Iakov Levi
Marino
Marini and
“The Coachmaker’s Three Daughters” (Le tre figlie
May
30, 2006
We use up too much artistry in our dreams - and therefore often are impoverished during the day.
(F.Nietzsche, II Human All Too Human, 194)
Freud has
shown that the number 3 is the symbol of the penis[1].
Therefore, three women are equivalent to a female penis, which in
children’s
fantasy is like the one of the male. In Western mythology the
representation of
three women recurs in an obsessive way peculiar to a neurotic symptom.
It is
the expression of the rooted unconscious conviction that the woman
possesses,
or had possessed in the past, a penis similar to that of the male. The
obsessive repetition relieves through the process of catharsis the
anxiety
suffered at the stressful discovery of its absence, which did activate
the
child own castration anxiety.
However, in
Marini’s painting there is something more; one of the three women wears
a sock.
Jean
Baudrillard, dealing with the strip-tease, writes:
…when she is naked she
is much
more adorned than when she is dressed […]. She wears gloves, which cut her arms.
She wears
green, red, or black socks, which also cut her
legs at the level of the thigh […]
The body that the woman worships
through a sophisticated manipulation, and through an intensive
narcissistic
discipline without any weakness, transforms her and her sacred body
itself into
a living penis, which represents the woman’s castration. To be
castrated means
to be covered with phallic symbols. The woman is covered with them, and
she is
constrained into transforming herself into a living penis, if she
aspires to be
desired [2] .
Therefore, the
sock cutting the woman’s leg represents also her own
castration, as in
every hint which associates with “cuts” and “cutting”. It is not casual
that in
the painting the woman wearing the sock is represented with her back
turned to
the spectator, at difference with the other two women, and she does not
shows
her genital like her two companions. The castration’s symbol equivalent
to the
lack of a penis is already expressed by the “cutting” of the sock.
Furthermore,
the third woman, showing a “cut” (the sock cutting her leg), explains
the lack
of a penis in the other two women: “They do not have a penis because
it was
cut”.
Works of
arts are like dreams. They “explain” through the associative link
between the
different elements. As Freud said, our unconscious knows no grammar. If
it wants
to deliver a message, it works by associating components. It does not
use
particles, symbols of denials or other grammatical devices. The first
two women
display a female genital lacking a penis, and
the third
woman explains what happened: it was cut.
The child,
when he discovers the lack of a penis in the woman, side by side with a
tentative of denial, he also gives to himself an explanation that the
father
was responsible for that mutilation[3].
He cut her member, and in this way he “made” of her a woman[4].
Facing Marini’s
painting, the spectator is confronted with an unconscious
content, which was repressed, but was also pressing for recognition.
This work
of art speaks to him to the degree in which this content was indeed
pressing
for recognition.

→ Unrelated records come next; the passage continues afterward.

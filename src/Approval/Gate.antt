-- ===== src/Approval/Gate.antt =====
-- The approval gate decides every event that requires approval, once, and no other.
use cognitive_execution_engi.Prelude.{◌≡◌, refl, Bool, true, false, List, [], ◌∷◌, map, keep}
use cognitive_execution_engi.Outcome.{Outcome, ok}
use cognitive_execution_engi.Exec.{Exec}
use cognitive_execution_engi.Commitment.{CommitmentEvent}
use cognitive_execution_engi.Approval.{
  ApprovalDecision, ApprovalProvider, ApprovalGateResult, ApprovalVerdict, approved, rejected,
  record_decision, put_to, resolve,
}

abbrev pub is_gated : {F : Type 0} → CommitmentEvent F → Bool
is_gated event = event.requires_approval

-- an event with the decision on it
abbrev pub Decided : Type 0 → Type 0
Decided F = CommitmentEvent F × ApprovalDecision F

abbrev pub says_yes : {F : Type 0} → Decided F → Bool
says_yes pair = elim pair.1.verdict [ approved ↦ true | rejected ↦ false ]

abbrev pub says_no : {F : Type 0} → Decided F → Bool
says_no pair = elim pair.1.verdict [ approved ↦ false | rejected ↦ true ]

-- The result sorts the events by their decisions, and reports all decisions, in order.
pub record Sorts {F : Type 0} (pairs : List (Decided F)) (result : ApprovalGateResult F)
    : Type 0 where
  pub all_decisions : result.decisions ≡ map (λ pair. pair.1) pairs
  pub approved_ones : result.approved_transitions ≡ map (λ pair. pair.0) (keep says_yes pairs)
  pub rejected_ones : result.rejected_transitions ≡ map (λ pair. pair.0) (keep says_no pairs)

module _ {F W : Type 0} (provider : ApprovalProvider F W) where
  -- the provider returns a decision, and the world after it
  abbrev pub Decides : CommitmentEvent F → W → Type 0
  Decides event w =
      (decision : ApprovalDecision F) × (w' : W) × (provider.decide event w ≡ (ok decision, w'))

  -- The provider was asked about the events one after the other, each in the world that the one
  -- before left, and decided as in the pairs.
  pub data Asked : W → List (Decided F) → W → Type 0 where
    nobody : {w : W} → Asked w [] w
    next :
        {w mid last : W} {event : CommitmentEvent F} {decision : ApprovalDecision F}
        {pairs : List (Decided F)}
        → provider.decide event w ≡ (ok decision, mid)
        → Asked mid pairs last
        → Asked w ((event, decision) ∷ pairs) last

  -- The gate returns; it has asked about the events that require approval, and its result sorts them
  -- by the provider's decisions.
  abbrev pub Resolved : List (CommitmentEvent F) → W → Outcome (ApprovalGateResult F) × W → Type 0
  Resolved events w run =
      (result : ApprovalGateResult F) × (w' : W) × (pairs : List (Decided F)) × (run
        ≡ (ok result, w'))
      × (map (λ pair. pair.0) pairs ≡ keep is_gated events)
      × Asked w pairs w'
      × Sorts pairs result

  record_decision-Sorts :
      (verdict : ApprovalVerdict) (event : CommitmentEvent F) (decision : ApprovalDecision F)
      (pairs : List (Decided F)) (result : ApprovalGateResult F)
      → decision.verdict ≡ verdict
      → Sorts pairs result
      → Sorts ((event, decision) ∷ pairs) (record_decision event decision result)
  record_decision-Sorts approved event decision pairs result h s = record {
    all_decisions = rw h (rw s.all_decisions refl);
    approved_ones = rw h (rw s.approved_ones refl);
    rejected_ones = rw h s.rejected_ones;
  }
  record_decision-Sorts rejected event decision pairs result h s = record {
    all_decisions = rw h (rw s.all_decisions refl);
    approved_ones = rw h s.approved_ones;
    rejected_ones = rw h (rw s.rejected_ones refl);
  }

  put_to-Resolved :
      (event : CommitmentEvent F) (events : List (CommitmentEvent F)) (b : Bool)
      (rest : Exec W (ApprovalGateResult F))
      → event.requires_approval ≡ b
      → ((w : W) → Decides event w)
      → ((w : W) → Resolved events w (rest w))
      → (w : W) → Resolved (event ∷ events) w (put_to provider event b rest w)
  unfolding put_to
  put_to-Resolved event events false rest free total ih w = rw free (ih w)
  put_to-Resolved event events true rest gated total ih w =
      let (decision, mid, decided) = total w in
      let (result, last, pairs, run, same, asked, sorts) = ih mid in
      (
        record_decision event decision result,
        last,
        (event, decision) ∷ pairs,
        rw (decided, run) refl,
        rw (gated, same) refl,
        next decided asked,
        record_decision-Sorts decision.verdict event decision pairs result refl sorts,
      )

  -- A gate whose provider always decides returns. It has asked the provider about exactly the given
  -- events that require approval, in their order and each once; the approved events are those that
  -- the provider approved, the rejected ones those that it rejected, and every decision is reported.
  pub resolve-Resolved :
      ((event : CommitmentEvent F) (w : W) → Decides event w)
      → (events : List (CommitmentEvent F)) (w : W) → Resolved events w (resolve provider events w)
  unfolding resolve
  resolve-Resolved total [] w = (
    _,
    w,
    [],
    refl,
    refl,
    nobody,
    record { all_decisions = refl; approved_ones = refl; rejected_ones = refl },
  )
  resolve-Resolved total (event ∷ events) w =
      put_to-Resolved event events event.requires_approval (resolve provider events) refl
        (total event) (resolve-Resolved total events) w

If the repression is total and completely successful,
this
great work of art hardly says anything to him.
However, if the
energetic investment is still active, the work of art will deliver a relief from the sufferance
inherent
to the process of active repression. Seeing outside what is pressing
inside ourselves
represents a relief, even if there is no conscious realization, and
the all
process is worked in the underground. Consciousness may be aware only
of the
subsequent enjoyment.
The enjoyment of a
work of art is a function of its capability to bring
relief to the sufferance inherent to the energetic effort invested in
order to repress
psychic contents charged with anxiety. It can be done only through the
vehicle
of a language that can be understood by our unconscious. This language
is the
music of the work of art, and as such communicates directly from
unconscious to
unconscious. The language, namely the lines, the forms, the colours of the painting are
the
notes of that music. Without it, it will lack the
catharsis' vehicle. Our
unconscious does not understand words, but their music, the tune
accompanying them. If we praise a child by
a threatening voice, the child does not understand the praise but the
threat.
Therefore, it is the tune of the work of art, which expresses the true
contents, namely the sentiment. If the tune is artificial and not
sincere,
there is a shortcut in the communication, which results in an isolation
of the sentiment. The work of art is not
such,
but only a declaration, and no relief can be expected.
Marini’s “Le tre
figlie
”The Coachmaker’s Three Daughters” reminds the archaic phallic triads of Greek mythology: the Erinnyes, the Harpies, the Graiae, and particularly the Gorgons.
The archaic inference
The most famous among the Gorgons was Medusa, who was decapitated – castrated by the hero Perseus (See: S. Freud, Medusa's Head, 1940). Here we have a Greek marble dating 600 B.C. representing Medusa, to day at the Museum of the Acropolis in Athens, which seems to have inspired Marini for his painting.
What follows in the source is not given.